Bölüm dört

50 5 8
                                    

Namjoon dördüncü kattaki erkekler tuvaletinden çıktığında, yandaki koridora sırtını dayamış bir şekilde bekleyen arkadaşını gördü. Yanına ilerleyip kolunu omzuna attı. "Yah, beni mi bekliyordun?"

Yoongi esnedi. "Bir an deliğe düştün sandım."

Meşalelerin aydınlattığı koridorda yürürlerken yanlarından tek tük öğrenciler geçiyordu. Bir fare yerdeki devasa halının ucunu kemiriyordu. 

"Kalemini buldun mu? Jimin'de miymiş?" dedi Namjoon. 

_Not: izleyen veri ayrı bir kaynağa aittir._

-- ===== src/Tcp/Ring.antt =====
-- The receive buffer of kernel/net/net_stack.c holds the bytes that wait, oldest first.
use next_os.Prelude.{
  ℕ, zero, suc, ◌+◌, ◌-◌, ◌%◌, ◌<◌, ◌≡◌, refl, sym, ap, ◌∙◌, inl, inr, false, List, [], ◌∷◌, ◌++◌,
  ◌==◌, length, get_or, set, take, drop, length-set, get_or-set_self, get_or-set_ne, Bool-cases,
  arith,
}
use mathlib.Core.Path.{ap₂}
use next_os.Prelude.Slices.{take-nil}
use next_os.Tcp.{RxBuffer, tcp_rx_buf_size, store, take_out}

-- The `n` bytes from place `i` on, going round at the end of the buffer.
abbrev pub waiting : List ℕ → ℕ → ℕ → List ℕ
waiting buf i zero = []
waiting buf i (suc n) = get_or buf i 0 ∷ waiting buf ((i + 1) % 65536) n

abbrev pub count : RxBuffer → ℕ
count rx = (rx.head + 65536 - rx.tail) % 65536

abbrev pub queued : RxBuffer → List ℕ
queued rx = waiting rx.buf rx.tail (count rx)

pub record IsRing (rx : RxBuffer) : Type 0 where
  pub sized : length rx.buf ≡ tcp_rx_buf_size
  pub head_in : rx.head < tcp_rx_buf_size
  pub tail_in : rx.tail < tcp_rx_buf_size

pub length-waiting : (buf : List ℕ) (i n : ℕ) → length (waiting buf i n) ≡ n
length-waiting buf i zero = refl
length-waiting buf i (suc n) = ap suc (length-waiting buf ((i + 1) % 65536) n)

-- A write behind the last waiting byte adds it to the end.
waiting-set :
    (buf : List ℕ) (b n i w : ℕ)
    → length buf ≡ 65536
    → i < 65536
    → n < 65536
    → w ≡ (i + n) % 65536
    → waiting (set buf w b) i (suc n) ≡ waiting buf i n ++ b ∷ []
waiting-set buf b zero i w size hi hn e =
    let here : w ≡ i = omega arith in
    rw here (ap (λ x. x ∷ []) (get_or-set_self buf i b 0 (omega arith)))
waiting-set buf b (suc n) i w size hi hn e =
    ap₂ ◌∷◌ (get_or-set_ne buf w i b 0 (λ same. absurd (omega arith)))
      (waiting-set buf b n ((i + 1) % 65536) w size (omega arith) (omega arith) (omega arith))

abbrev pushed : RxBuffer → ℕ → RxBuffer
pushed rx b = record { buf = set rx.buf rx.head b; head = (rx.head + 1) % 65536; tail = rx.tail }

pushed-IsRing : (rx : RxBuffer) (b : ℕ) → IsRing rx → IsRing (pushed rx b)
pushed-IsRing rx b v = record {
  sized = length-set rx.buf rx.head b ∙ v.sized;
  head_in = omega arith;
  tail_in = v.tail_in;
}

queued-pushed :
    (rx : RxBuffer) (b : ℕ)
    → IsRing rx
    → ((rx.head + 1) % 65536 == rx.tail) ≡ false
    → queued (pushed rx b) ≡ queued rx ++ b ∷ []
queued-pushed rx b v free =
    let more : ((rx.head + 1) % 65536 + 65536 - rx.tail) % 65536 ≡ suc (count rx) =
      ground (arith, v.head_in, v.tail_in) in
    rw more (
      waiting-set rx.buf b (count rx) rx.tail rx.head v.sized v.tail_in (omega arith)
        (ground (arith, v.head_in, v.tail_in)))

append_one : (xs : List ℕ) (b : ℕ) (ys : List ℕ) → (xs ++ b ∷ []) ++ ys ≡ xs ++ b ∷ ys
append_one [] b ys = refl
append_one (x ∷ xs) b ys = ap (λ q. x ∷ q) (append_one xs b ys)

append_none : (xs : List ℕ) → xs ≡ xs ++ []
append_none [] = refl
append_none (x ∷ xs) = ap (λ q. x ∷ q) (append_none xs)

pub record Stored (rx : RxBuffer) (bytes : List ℕ) (after : RxBuffer) : Type 0 where
  pub valid : IsRing after
  pub bytes_queued : queued after ≡ queued rx ++ take (65535 - count rx) bytes

room_none : (rx : RxBuffer) (bytes : List ℕ) → count rx ≡ 65535 → take (65535 - count rx) bytes ≡ []
room_none rx bytes all =
    let none_left : 65535 - count rx ≡ 0 = omega arith in ap (λ n. take n bytes) none_left

room_one :
    (n : ℕ) (b : ℕ) (bytes : List ℕ)
    → n < 65535
    → take (65535 - n) (b ∷ bytes) ≡ b ∷ take (65535 - suc n) bytes
room_one n b bytes lt =
    let one : 65535 - n ≡ suc (65535 - suc n) = omega arith in ap (λ k. take k (b ∷ bytes)) one

-- The loop stores as many bytes as there is room for.
pub store-Stored : (bytes : List ℕ) (rx : RxBuffer) → IsRing rx → Stored rx bytes (store bytes rx)
unfolding store
store-Stored [] rx v = record {
  valid = v;
  bytes_queued =
      append_none (queued rx) ∙ ap (λ q. queued rx ++ q) (sym (take-nil (65535 - count rx)));
}
store-Stored (b ∷ bytes) rx v = elim (Bool-cases ((rx.head + 1) % 65536 == rx.tail)) [
  | inl full ↦
      let all : count rx ≡ 65535 = ground (arith, v.head_in, v.tail_in) in
      rw full (record {
        valid = v;
        bytes_queued =
            append_none (queued rx) ∙ ap (λ q. queued rx ++ q) (sym (room_none rx (b ∷ bytes) all));
      })
  | inr free ↦
      let rest = store-Stored bytes (pushed rx b) (pushed-IsRing rx b v) in
      let more : count (pushed rx b) ≡ suc (count rx) = ground (arith, v.head_in, v.tail_in) in
      let left : count rx < 65535 = ground (arith, v.head_in, v.tail_in) in
      rw free (record {
        valid = rest.valid;
        bytes_queued =
            rest.bytes_queued
            ∙ ap (λ n. queued (pushed rx b) ++ take (65535 - n) bytes) more
            ∙ ap (λ q. q ++ take (65535 - suc (count rx)) bytes) (queued-pushed rx b v free)
            ∙ append_one (queued rx) b (take (65535 - suc (count rx)) bytes)
            ∙ ap (λ q. queued rx ++ q) (sym (room_one (count rx) b bytes left));
      })
]

pub record TakenOut (room : ℕ) (rx : RxBuffer) (bytes : List ℕ) (after : RxBuffer) : Type 0 where
  pub valid : IsRing after
  pub front : bytes ≡ take room (queued rx)
  pub back : queued after ≡ drop room (queued rx)

-- What `tcp_receive_data` takes out are the oldest bytes.
pub take_out-TakenOut :
    (room : ℕ) (rx : RxBuffer)
    → IsRing rx
    → TakenOut room rx (take_out room rx).0 (take_out room rx).1
unfolding take_out
take_out-TakenOut zero rx v = record { valid = v; front = refl; back = refl }
take_out-TakenOut (suc room) rx v = elim (Bool-cases (rx.tail == rx.head)) [
  | inl empty ↦
      let nothing : count rx ≡ 0 = ground (arith, v.head_in, v.tail_in) in
      rw empty (record { valid = v; front = rw nothing refl; back = rw nothing refl })
  | inr more ↦
      let next : RxBuffer = record { buf = rx.buf; head = rx.head; tail = (rx.tail + 1) % 65536 } in
      let rest =
        take_out-TakenOut room next
          (record { sized = v.sized; head_in = v.head_in; tail_in = omega arith }) in
      let one : count rx ≡ suc (count next) = ground (arith, v.head_in, v.tail_in) in
      rw more (record {
        valid = rest.valid;
        front = rw one (ap (λ q. get_or rx.buf rx.tail 0 ∷ q) rest.front);
        back = rw one rest.back;
      })
]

"Hayır, bende değil dedi ama Parvati geçen gün kahvaltıdan sonra onun yerden aldığını görmüş. Eminim diyor, bir ara tekrar soracağım." diye yanıtladı Yoongi. Onun için pek sorun değildi. Pahalı da olsa, tek kalemi o değildi nasıl olsa ama kendi kendine yazması için zar zor büyülediği tek kalemiydi. O yüzden çok seviyordu. O gün de, kahvaltıdan sonra nefret ettiği Kehanet dersini ekip Boynuzlu Kule'ye çıkacak ve yatarak ödev yapacaktı. Yattığı yerden dünyadaki en tehlikeli on tılsımın listesini söyleyecek, kalem de yazacaktı. Ama cebinden düşürdüğünü fark etmeyip kuleye çıkınca eli boş kalmış ve mecburen Kehanet dersine girmişti. 

O çocuğun da -kendisinden sadece bir yaş küçük olduğunu bilmesine rağmen çocuk diyordu- arkadaşları gibi beceriksiz ve salak olduğu barizdi. Gryffindor'du bir kere, kanında vardı. Büyük ihtimalle bedava kalem bulduğuna sevinip almış sonra da kaybetmişti. Her ne ise, Yoongi'nin sorunu değildi. Kalemini istiyordu ve alacaktı. Ayrıca alttan alttan bir Gryffindor'u korkutmaktan zevk aldığını da reddetmiyordu. O çocukla biraz daha uğraşacaktı.

"Min Yoongi'nin tüy kalemini bulsam kızlara satardım." dedi Namjoon sırıtarak. 

Yoongi güldü, "Daha neler."

"Bilmiyorum, bence o kadarını yapabilecek birkaç kişi vardır. Hatta bu baya iyi bir fikir... Kullanmadığın eşyalarını bana versene, satayım." 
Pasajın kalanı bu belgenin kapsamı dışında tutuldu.